The provided files and status are stored by Sourcify and pinned to IPFS so that verification statuses against contract addresses can easily be retrieved again in the future.
Sourcify is a very useful service for anyone working with on-chain data as it enables them to take smart contracts bytecode and transactions and decode them with confidence for users.
One place where this is widely embraced with blockchain explorers. Where you have verified or partially verified smart contracts you're able to fully decode information about transactions taking place and events being emitted by them.
This allows a users view of a contract and activity taking place to go from this:
To this:
Sourcify is used by many of the leading blockchain explorers including Chainlens, and integrated with developers tools such as Hardhat helping ensure a higher proportion of contracts on Ethereum blockchains are verified.

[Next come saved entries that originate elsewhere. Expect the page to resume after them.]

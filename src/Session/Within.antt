-- ===== src/Session/Within.antt =====
-- The sizes that a client decodes and shows are within the limits.
use sanzu.Prelude.{
  ℕ, ◌*◌, length, ◌≤◌, ◌≡◌, refl, ◌||◌, not, Bool, true, false, if-cases, ltb, ◌==◌, List, [], ◌∷◌,
  Option, none, some, arith,
}
use sanzu.Outcome.{Outcome, ok, err, panic, Io, continue, ◌>>=◌, bind-keeps}
use sanzu.Messages.Server.{ServerEvent, ImageRaw, ImageEncoded, EventCursor, EventAreaUpdt}
use sanzu.Messages.Client.{ClientEvent}
use sanzu.Proto.Events.{Wire}
use sanzu.Session.{tell_server}
use sanzu.Session.Server.{word16}
use sanzu.Session.Viewing.{
  put_image, put_line, step, on_window, on_stream, checked_size, view_encoded, take_raw, view_raw,
  play, show_cursor, note_area, view_message, view_messages, reloaded, fit_decoder, paint,
  show_data, show_decoded, decode, show_image, show_todo, poll, tell, hear, update_window, view_all,
  view_turn,
}
use sanzu.Session.Viewer.{Viewer, Viewing, Source, cursor_fits, check_img_size}
use sanzu.Xwd.{max_window_width, max_window_height, max_bytes_per_line}

abbrev pub IsSmall : ℕ × ℕ → Type 0
IsSmall size = (size.0 ≤ max_window_width) × (size.1 ≤ max_window_height)

abbrev pub SmallImage : Option (List ℕ × ℕ × ℕ) → Type 0
SmallImage none = Unit
SmallImage (some (packet, width, height)) = IsSmall (width, height)

abbrev pub SmallLine : Option ℕ → Type 0
SmallLine none = Unit
SmallLine (some bytes) = bytes ≤ max_bytes_per_line

module _ {C D U : Type 0} where
  pub record Within (s : Viewing C D U) : Type 0 where
    pub size_small : IsSmall s.img_size
    pub image_small : SmallImage s.img_todo
    pub line_small : SmallLine s.img_bytes_per_line

  still :
      (s t : Viewing C D U)
      → s.img_size ≡ t.img_size
      → s.img_todo ≡ t.img_todo
      → s.img_bytes_per_line ≡ t.img_bytes_per_line
      → Within s
      → Within t
  still s t size todo line h = record {
    size_small = rw (size) at h.size_small;
    image_small = rw (todo) at h.image_small;
    line_small = rw (line) at h.line_small;
  }

  module _ (w : Wire) (v : Viewer C D U) (source : Source) where
    checked-Within :
        {A : Type 0} (width height : ℕ) (f : ℕ × ℕ → Io (Viewing C D U) A) (s : Viewing C D U)
        → Within s
        → ((size : ℕ × ℕ) (t : Viewing C D U) → IsSmall size → Within t → Within (f size t).1)
        → Within ((checked_size w v source width height >>= f) s).1
    unfolding checked_size on_stream check_img_size tell_server
    checked-Within width height f s h k =
        if-cases
          (λ (r : Outcome (ℕ × ℕ)).
            Within
              (continue (tell_server w r s.stream).0 f
                (record s { stream = (tell_server w r s.stream).1 })).1)
          (ltb max_window_width width || ltb max_window_height height) _ _
          (λ big. still s _ refl refl refl h) (λ fits. k (width, height) s (ground (arith, fits)) h)

    put_line-Within : (bytes : ℕ) (s : Viewing C D U) → Within s → Within (put_line bytes s).1
    unfolding put_line
    put_line-Within bytes s h =
        if-cases (λ (x : Outcome (Unit {0}) × Viewing C D U). Within x.1)
          (ltb max_bytes_per_line bytes) _ _ (λ _. h)
          (λ fits. record {
            size_small = h.size_small;
            image_small = h.image_small;
            line_small = ground (arith, fits);
          })

    put_image-Within :
        (pixels : List ℕ) (size : ℕ × ℕ) (s : Viewing C D U)
        → IsSmall size
        → Within s
        → Within (put_image pixels size s).1
    unfolding put_image
    put_image-Within pixels size s small h = record {
      size_small = h.size_small;
      image_small = small;
      line_small = h.line_small;
    }

    view_encoded-Within :
        (img : ImageEncoded) (s : Viewing C D U)
        → Within s
        → Within (view_encoded w v source img s).1
    unfolding view_encoded
    view_encoded-Within img s h =
        checked-Within img.width img.height _ s h
          (λ size t small h. put_image-Within img.packet size t small h)

    take_raw-Within :
        (img : ImageRaw) (s : Viewing C D U) → Within s → Within (take_raw w v source img s).1
    unfolding take_raw
    take_raw-Within img s h = h

    view_raw-Within :
        (img : ImageRaw) (s : Viewing C D U) → Within s → Within (view_raw w v source img s).1
    unfolding view_raw
    view_raw-Within img s h =
        bind-keeps Within (take_raw w v source img) _ s (take_raw-Within img s h) (λ taken t h.
          checked-Within img.width img.height _ t h (λ size u small h.
            bind-keeps Within (put_image taken.0 size) _ u (put_image-Within taken.0 size u small h)
              (λ _ x h. put_line-Within taken.1 x h)))

    play-Within :
        (packets : List (List ℕ)) (s : Viewing C D U)
        → Within s
        → Within (play w v source packets s)
    unfolding play
    play-Within packets s h = still s _ refl refl refl h

    show_cursor-Within :
        (c : EventCursor) (s : Viewing C D U) → Within s → Within (show_cursor w v source c s)
    unfolding show_cursor
    show_cursor-Within c s h =
        if-cases Within (cursor_fits c) _ _ (λ _. still s _ refl refl refl h) (λ _. h)

    note_area-Within :
        (a : EventAreaUpdt) (s : Viewing C D U) → Within s → Within (note_area w v source a s)
    unfolding note_area
    note_area-Within a s h = still s _ refl refl refl h

    view_message-Within :
        (msg : Option ServerEvent) (s : Viewing C D U)
        → Within s
        → Within (view_message w v source msg s).1
    unfolding view_message step
    view_message-Within (some (ServerEvent.img_encoded img)) s h = view_encoded-Within img s h
    view_message-Within (some (ServerEvent.img_raw img)) s h = view_raw-Within img s h
    view_message-Within (some (ServerEvent.sound_encoded packets)) s h = play-Within packets s h
    view_message-Within (some (ServerEvent.clipboard c)) s h = still s _ refl refl refl h
    view_message-Within (some (ServerEvent.cursor c)) s h = show_cursor-Within c s h
    view_message-Within (some (ServerEvent.area_updt a)) s h = note_area-Within a s h
    view_message-Within (some (ServerEvent.stats text)) s h = still s _ refl refl refl h
    view_message-Within none s h = h
    view_message-Within (some (ServerEvent.sound_raw bytes)) s h = h
    view_message-Within (some (ServerEvent.notifications events)) s h = h
    view_message-Within (some (ServerEvent.display event)) s h = h
    view_message-Within (some (ServerEvent.printfile path)) s h = h

    view_messages-Within :
        (msgs : List (Option ServerEvent)) (s : Viewing C D U)
        → Within s
        → Within (view_messages w v source msgs s).1
    unfolding view_messages
    view_messages-Within [] s h = h
    view_messages-Within (msg ∷ msgs) s h =
        bind-keeps Within (view_message w v source msg) _ s (view_message-Within msg s h)
          (λ _ t h. view_messages-Within msgs t h)

    word16_small : (n : ℕ) → n ≤ 8192 → word16 n ≤ 8192
    word16_small n h = omega arith

    reloaded-Within :
        (size : ℕ × ℕ) (d : Outcome D) (s : Viewing C D U)
        → IsSmall size
        → Within s
        → Within (reloaded w v source size d s).1
    unfolding reloaded
    reloaded-Within size (ok d) s small h = record {
      size_small = small;
      image_small = h.image_small;
      line_small = h.line_small;
    }
    reloaded-Within size (err chain) s small h = h
    reloaded-Within size (panic why) s small h = h

    fit_decoder-Within :
        (width height : ℕ) (s : Viewing C D U)
        → IsSmall (width, height)
        → Within s
        → Within (fit_decoder w v source width height s).1
    unfolding fit_decoder
    fit_decoder-Within width height s small h =
        if-cases (λ (x : Outcome (Unit {0}) × Viewing C D U). Within x.1)
          (not (s.img_size.0 == word16 width) || not (s.img_size.1 == word16 height)) _ _
          (λ _.
            reloaded-Within (word16 width, word16 height) (v.reload s.decoder) s
              (word16_small width small.0, word16_small height small.1) h)
          (λ _. h)

    paint-Within :
        (pixels : List ℕ) (s : Viewing C D U) → Within s → Within (paint w v source pixels s).1
    unfolding paint on_window
    paint-Within pixels s h =
        if-cases (λ (x : Outcome (Unit {0}) × Viewing C D U). Within x.1)
          (ltb (length pixels) (s.img_size.0 * s.img_size.1 * 4)) _ _ (λ _. h)
          (λ _. still s _ refl refl refl h)

    show_data-Within :
        (pixels : Option (List ℕ)) (s : Viewing C D U)
        → Within s
        → Within (show_data w v source pixels s).1
    unfolding show_data
    show_data-Within none s h = h
    show_data-Within (some pixels) s h = paint-Within _ _ (still s _ refl refl refl h)

    show_decoded-Within :
        (updated : Bool) (s : Viewing C D U)
        → Within s
        → Within (show_decoded w v source updated s).1
    unfolding show_decoded
    show_decoded-Within false s h = h
    show_decoded-Within true s h = show_data-Within (v.data_rgba s.decoder) s h

    decode-Within :
        (packet : List ℕ) (s : Viewing C D U) → Within s → Within (decode w v source packet s).1
    unfolding decode
    decode-Within packet s h = show_decoded-Within _ _ (still s _ refl refl refl h)

    show_image-Within :
        (todo : Option (List ℕ × ℕ × ℕ)) (s : Viewing C D U)
        → SmallImage todo
        → Within s
        → Within (show_image w v source todo s).1
    unfolding show_image
    show_image-Within none s small h = h
    show_image-Within (some (packet, width, height)) s small h =
        bind-keeps Within (fit_decoder w v source width height) _ s
          (fit_decoder-Within width height s small h) (λ _ t h. decode-Within packet t h)

    show_todo-Within : (s : Viewing C D U) → Within s → Within (show_todo w v source s).1
    unfolding show_todo
    show_todo-Within s h = show_image-Within s.img_todo s h.image_small h

    update_window-Within : (s : Viewing C D U) → Within s → Within (update_window w v source s).1
    unfolding update_window on_window
    update_window-Within s h = still s _ refl refl refl h

    forget-Within : (s : Viewing C D U) → Within s → Within (record s { img_todo = none })
    forget-Within s h = record {
      size_small = h.size_small;
      image_small = tt;
      line_small = h.line_small;
    }

    view_all-Within :
        (msgs : List (Option ServerEvent)) (s : Viewing C D U)
        → Within s
        → Within (view_all w v source msgs s).1
    unfolding view_all step
    view_all-Within msgs s h =
        bind-keeps Within (view_messages w v source msgs) _ (record s { img_todo = none })
          (view_messages-Within msgs _ (forget-Within s h))
          (λ _ t h.
            bind-keeps Within (show_todo w v source) _ t (show_todo-Within t h)
              (λ _ u h. update_window-Within u h))

    poll-Within : (s : Viewing C D U) → Within s → Within (poll w v source s).1
    unfolding poll on_window
    poll-Within s h = still s _ refl refl refl h

    tell-Within :
        (events : List (Option ClientEvent)) (s : Viewing C D U)
        → Within s
        → Within (tell w v source events s).1
    unfolding tell on_stream
    tell-Within events s h = still s _ refl refl refl h

    hear-Within : (s : Viewing C D U) → Within s → Within (hear w v source s).1
    unfolding hear on_stream
    hear-Within s h = still s _ refl refl refl h

    -- In every turn of a client, whatever the server sends, and also where the turn ends in an
    -- error: the image that is to be shown and the size that the decoder works with are at most
    -- 8192 pixels wide and high, and a line has at most 32768 bytes, if they were before the turn.
    pub view_turn-Within : (s : Viewing C D U) → Within s → Within (view_turn w v source s).1
    unfolding view_turn step
    view_turn-Within s h =
        bind-keeps Within (poll w v source) _ (record s { areas = [] })
          (poll-Within _ (still s _ refl refl refl h))
          (λ events t h.
            bind-keeps Within (tell w v source events) _ t (tell-Within events t h) (λ _ u h.
              bind-keeps Within (hear w v source) _ u (hear-Within u h)
                (λ msgs x h. view_all-Within msgs x h)))
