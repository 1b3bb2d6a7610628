-- ===== src/Sound/Capture.antt =====
-- The capture side of sanzu/src/sound.rs: `enqueue_from_source` and `SoundEncoder::read_sound`.
pub mod Bounded
use sanzu.Prelude.{ℕ, ◌+◌, List, [], ◌∷◌, ◌++◌, map, length, ltb, if◌then◌else◌}
use sanzu.Outcome.{Outcome, ok, panic}
use sanzu.Sound.{sound_max_len, sub_usize}

-- `(usize, VecDeque<Vec<i16>>)`: the number of samples, and the chunks, oldest first.
pub record BufferingQueue (A : Type 0) : Type 0 where
  pub count : ℕ
  pub chunks : List (List A)

module _ {A : Type 0} where
  -- `while count > sound_max_len { count -= pop_front().expect(..).len() }`
  pub forget_old : ℕ → ℕ → List (List A) → Outcome (BufferingQueue A)
  forget_old max_len count [] =
      if ltb max_len count
      then panic "Should not be here"
      else ok (record { count = count; chunks = [] })
  forget_old max_len count (tmp ∷ rest) =
      let shorter = forget_old max_len (sub_usize count (length tmp)) rest in
      if ltb max_len count then shorter else ok (record { count = count; chunks = tmp ∷ rest })

  -- `from_sample` is the conversion of the `cpal` crate.
  pub enqueue_from_source :
      {T : Type 0} → (T → A) → List T → ℕ → BufferingQueue A → Outcome (BufferingQueue A)
  enqueue_from_source from_sample input max_buffer_ms q =
      let captured = map from_sample input in
      forget_old (sound_max_len max_buffer_ms) (q.count + length captured)
        (q.chunks ++ captured ∷ [])

  -- Every chunk goes from the queue to the sound buffer.
  move_chunks : ℕ → List (List A) → List (List A) → BufferingQueue A × List (List A)
  move_chunks count [] buffer = (record { count = count; chunks = [] }, buffer)
  move_chunks count (chunk ∷ rest) buffer =
      move_chunks (sub_usize count (length chunk)) rest (buffer ++ chunk ∷ [])

  pub read_sound : BufferingQueue A → List (List A) → BufferingQueue A × List (List A)
  unfolding move_chunks
  read_sound q buffer = move_chunks q.count q.chunks buffer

However, Sourcify itself has some limitations such as:
- Verified contracts are associated with a single blockchain deployment, if you deploy the same contract on two different blockchains, the addresses will be different, requiring verification for each on Sourcify
- It only supports smart contracts written in Solidity
- It is not possible to query any information about a contract other than if it's been verified. For instance, you cannot query any of the data such as the compilation environment or source code hashes which are contained in the metadata file.
In order to provide a collaborative solution to some of these challenges, the Verifier Alliance was recently formed.
The Verifier Alliance
The Verifier Alliance is an ecosystem collective aiming for easy, unified, and open access to the source-code of EVM smart contracts.
Its members include Sourcify and a number of blockchain explorer teams, data providers and ecosystems.
The Verifier Alliance intends to build on the work being done by Sourcify and blockchain explorers and provide a common approach to contract verification that can be contributed to and embraced by any teams producing or consuming smart contracts.
This is being initially approached by creating a shared database schema that can be used for storing information about smart contracts deployed to networks.
This schema provides:
- A registry of all deployments of verified smart contracts published across different blockchain networks
- Information from the associated metadata file such as the compiler used, source code hashes and ABI
- Mappings from code hashes to bytecode facilitating easy search for deployments of specific contracts across different networks
- Support for Solidity and other languages including Vyper and Yul
In creating this richer dataset and having a shared repository in place, the intent is that consumers of blockchain data are much less likely to run into contracts without verified source code in place.
The number of teams getting behind this initiative is very promising and if there can be a single source of truth for verification data that can operate based on contract bytecode instead of requiring full verification via Sourcify for every instance this would be a useful step forward.
However, this idea of a widely shared database (in its initial planned form) is not a web3 native approach to solve this problem. No doubt the Verifier Alliance is aware of this and will take steps to provide a decentralised solution once available, but in the meantime, it's got off to a promising start with a lot of industry support.
As far as the Chainlens team is concerned we will ensure that our verification service continues to work with Sourcify and will integrate with the Verifier Alliance repository shortly.
Users are unlikely to notice a significant difference given that Chainlens already utilises Sourcify's verification service. But behind the scenes, the Verifier alliance should result in an ever-increasing number of verified contracts helping users gain a better understanding of activity taking place on-chain.